Baxter is a servicable player, Ill give you that. But the only reason why were giving him 20+ minutes a night is because of a thinning front court. We have only one true Center that isnt injured, Deke. Baxter is not a defender, he is an offensive-minded tweener. 

Before Swift was injured, he was putting up solid numbers... He is not dead-weight. He is a solid backup to Juwan Howard and as such, Baxter will see very limited minutes, if any. Deke is also a solid backup at Center... there's no space for Baxter there. With Chuck Hayes emerging as our enforcer and rebounder, he will get any spill-over minutes behind Tracy McGrady and Derek Anderson at the SF position as well as those few minutes behind Juwan Howard and Stromile Swift. With a healthy front court, Baxter will be the dead-weight.

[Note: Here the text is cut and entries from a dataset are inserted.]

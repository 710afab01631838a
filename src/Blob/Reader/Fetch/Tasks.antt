-- ===== src/Blob/Reader/Fetch/Tasks.antt =====
-- BlobReader::ReadAll: what its tasks, in some order, leave in memory.
use gemma_cpp.Base.{
  ℕ, ◌+◌, ◌^◌, ◌≤◌, ◌<◌, ◌≡◌, ◌≢◌, ◌⊎◌, inl, inr, refl, arith, Bool, true, false, not, ◌||◌, ◌==◌,
  ok, List, [], ◌∷◌, ◌∙◌, ap, sym, subst, get_elem?, some, ==_self, ==_iff,
}
use gemma_cpp.Base.Block.{Block, slice}
use gemma_cpp.Blob.{Buffer, BlobIo}
use gemma_cpp.Blob.Io.{Calls, Preads, Progresses, Memory, io_read}
use gemma_cpp.Blob.Io.Reads.{io_read_run}
use gemma_cpp.Blob.Writer.{Elem}
use gemma_cpp.Blob.Reader.{store_at, read_tasks}
use gemma_cpp.Blob.Reader.Fetch.{
  AllFetch, AllFetch-get, Outside, after_inside, after_outside, after_keeps,
}

module _ (calls : ℕ → Calls) (file : Block) (reads : (i : ℕ) → Preads (calls i) file.size)
    (fits : file.size < 2 ^ 64) (wanted : Memory) (requests : List BlobIo)
    (fetch : AllFetch file wanted requests) where
  read_tasks_step :
      (i : ℕ) (order : List ℕ) (err done : Bool) (r : BlobIo) (memory : Memory) (got : List ℕ)
      → get_elem? requests i ≡ some r
      → io_read (calls i) file r.offset r.size ≡ ok (done, got)
      → read_tasks calls file requests (i ∷ order) err memory
        ≡ read_tasks calls file requests order (err || not done) (store_at memory r.ptr got)
  unfolding read_tasks
  read_tasks_step i order err done r memory got e run = rw (read_tasks, e, run)

  -- How the tasks of `order` end: `err` and the memory.
  pub record Ended (order : List ℕ) (err err' : Bool) (memory memory' : Memory) : Type 0 where
    pub run : read_tasks calls file requests order err memory ≡ ok (err', memory')
    pub kept : (b : Buffer) (q : ℕ) → memory b q ≡ wanted b q → memory' b q ≡ wanted b q
    pub no_error : err' ≡ false → err ≡ false
    pub fetched :
        err' ≡ false
        → (i k : ℕ) (r : BlobIo) → Elem i order
        → get_elem? requests i ≡ some r
        → k < r.size
        → memory' r.ptr.buffer (r.ptr.at + k) ≡ wanted r.ptr.buffer (r.ptr.at + k)
    pub untouched :
        (b : Buffer) (q : ℕ)
        → ((i : ℕ) (r : BlobIo) → get_elem? requests i ≡ some r → Outside r b q)
        → memory' b q ≡ memory b q
    pub complete : ((i : ℕ) → Progresses (calls i) file.size) → err' ≡ err

  or_false : (a b : Bool) → a || not b ≡ false → (a ≡ false) × (b ≡ true)
  or_false a b e = ground arith

  or_not-true : (a : Bool) → a || not true ≡ a
  or_not-true true = refl
  or_not-true false = refl

  pub read_tasks-Ended :
      (order : List ℕ) (err : Bool) (memory : Memory)
      → ((i : ℕ) → Elem i order → (r : BlobIo) × (get_elem? requests i ≡ some r))
      → (err' : Bool) × (memory' : Memory) × Ended order err err' memory memory'
  read_tasks-Ended [] err memory has = (
    err,
    memory,
    record {
      run = unfold read_tasks in refl;
      kept = λ b q e. e;
      no_error = λ e. e;
      fetched = λ z i k r m e l. absurd m;
      untouched = λ b q o. refl;
      complete = λ go. refl;
    },
  )
  read_tasks-Ended (i ∷ order) err memory has =
      let (r, e) = has i (inl refl) in
      let s = AllFetch-get file wanted requests i r fetch e in
      let room : r.offset + r.size < 2 ^ 64 = omega (arith, s.inside) in
      let (p, small, read_run, all) = io_read_run (calls i) file r.offset r.size room (reads i) in
      let memory₁ = store_at memory r.ptr (slice file.byte r.offset p) in
      let (err', memory', t) =
        read_tasks-Ended order (err || not (p == r.size)) memory₁ (λ j m. has j (inr m)) in
      (
        err',
        memory',
        record {
          run = read_tasks_step i order err (p == r.size) r memory _ e read_run ∙ t.run;
          kept = λ b q right. t.kept b q (after_keeps file wanted r s p q b memory small right);
          no_error = λ z. (or_false err (p == r.size) (t.no_error z)).0;
          fetched = λ z j k r' m e' l. elim m [
            | inl here ↦
                let same : r' ≡ r = cc in
                let full : p ≡ r.size =
                  (==_iff p r.size).0 (or_false err (p == r.size) (t.no_error z)).1 in
                let short : k < r.size = subst (λ (x : BlobIo). k < x.size) same l in
                subst
                  (λ (x : BlobIo).
                    memory' x.ptr.buffer (x.ptr.at + k) ≡ wanted x.ptr.buffer (x.ptr.at + k))
                  (sym same)
                  (t.kept r.ptr.buffer (r.ptr.at + k)
                    (after_inside file wanted r s p k memory small (omega arith)))
            | inr later ↦ t.fetched z j k r' later e' l
          ];
          untouched = λ b q o.
              t.untouched b q o
              ∙ after_outside file wanted r s p q b memory (nearer r p q b small (o i r e));
          complete = λ go.
              t.complete go
              ∙ ap (λ k. err || not (k == r.size)) (all (go i) s.inside)
              ∙ ap (λ b. err || not b) (==_self r.size)
              ∙ or_not-true err;
        },
      )
    where
      nearer :
          (r : BlobIo) (p q : ℕ) (b : Buffer)
          → p ≤ r.size
          → Outside r b q
          → (b ≢ r.ptr.buffer) ⊎ ((q < r.ptr.at) ⊎ (r.ptr.at + p ≤ q))
      nearer r p q b h (inl ne) = inl ne
      nearer r p q b h (inr (inl below)) = inr (inl below)
      nearer r p q b h (inr (inr above)) = inr (inr (omega arith))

John Lucas, although not a stat-padder, brings alot of intangibles to this team. I think ppl are inspired by his hard play. JLIII, Lu, and Hayes are fearless rookies. I really like the attitude that they bring to this club.

JLIII vs. Baxter:

Norris is gone, Sura is done, Wesley aint sticking around, Barry needs a prescription for retirement, DA only has another year... Juwan and Swift will be sticking around for a while. Let JLIII grow on our team instead of cutting him in favor of a player that the Hornets cut last season.


On another note:

I find it interesting how well we've been playing with basically our pre-season roster. If I remember correctly we were 8-1 in the pre-season with this roster.


----------



## sherwin (Mar 21, 2005)

Easily Ryan Bowen. Seriously, I'm tired of the novelty of the hustling white guy. He's just bad. Moochie if he wasnt an expiring deal.


----------



## debarge (Nov 13, 2005)

sherwin said:


> Easily Ryan Bowen. Seriously, I'm tired of the novelty of the hustling white guy. He's just bad. Moochie if he wasnt an expiring deal.


How about those deals the Celtics and Wolves made? Wow, maybe we could trade Bowen and Norris for a pick or something, get their contracts off the books and then we could keep everyone we wanted, Swift, Baxter, Lucas, and Hayes? Sounds good to me.

I can't believe the Celtics traded Mark Blount, that guys gonna be really good someday soon. He's a decent shooter and rebounder w/ soft hands and pretty good athleticism? For Olowakandi??? WTF. They must've had to take him to get Wally Z. Wally and Paul Pierce, that sounds okay. Wally's a better shooter than Antoine Walker. Should we try to get Ricky Davis from Minnesota? He's like 6'7 and has the skills we need at that position to go w/ Mac and Alston? Shooter and Penatrator.. :clap: I like his aggressiveness...he's got juice!

I say we start calling teams wanting to get expiring contracts and make something happen to benefit us next season. Hopefully we could get an early start on the free agent market for the summer by freeing up contract space. The Nets still want Swift desperately, we could move him in the offseason if he doesn' t show any real improvement for a good 2 guard to start w/ Mac Alston and Yao. That's the piece thats missing to me, a 6'6" dribble-driver w/ a good long-range shot. That would give the Rockets a devasting starting five. Just Things to think about...


----------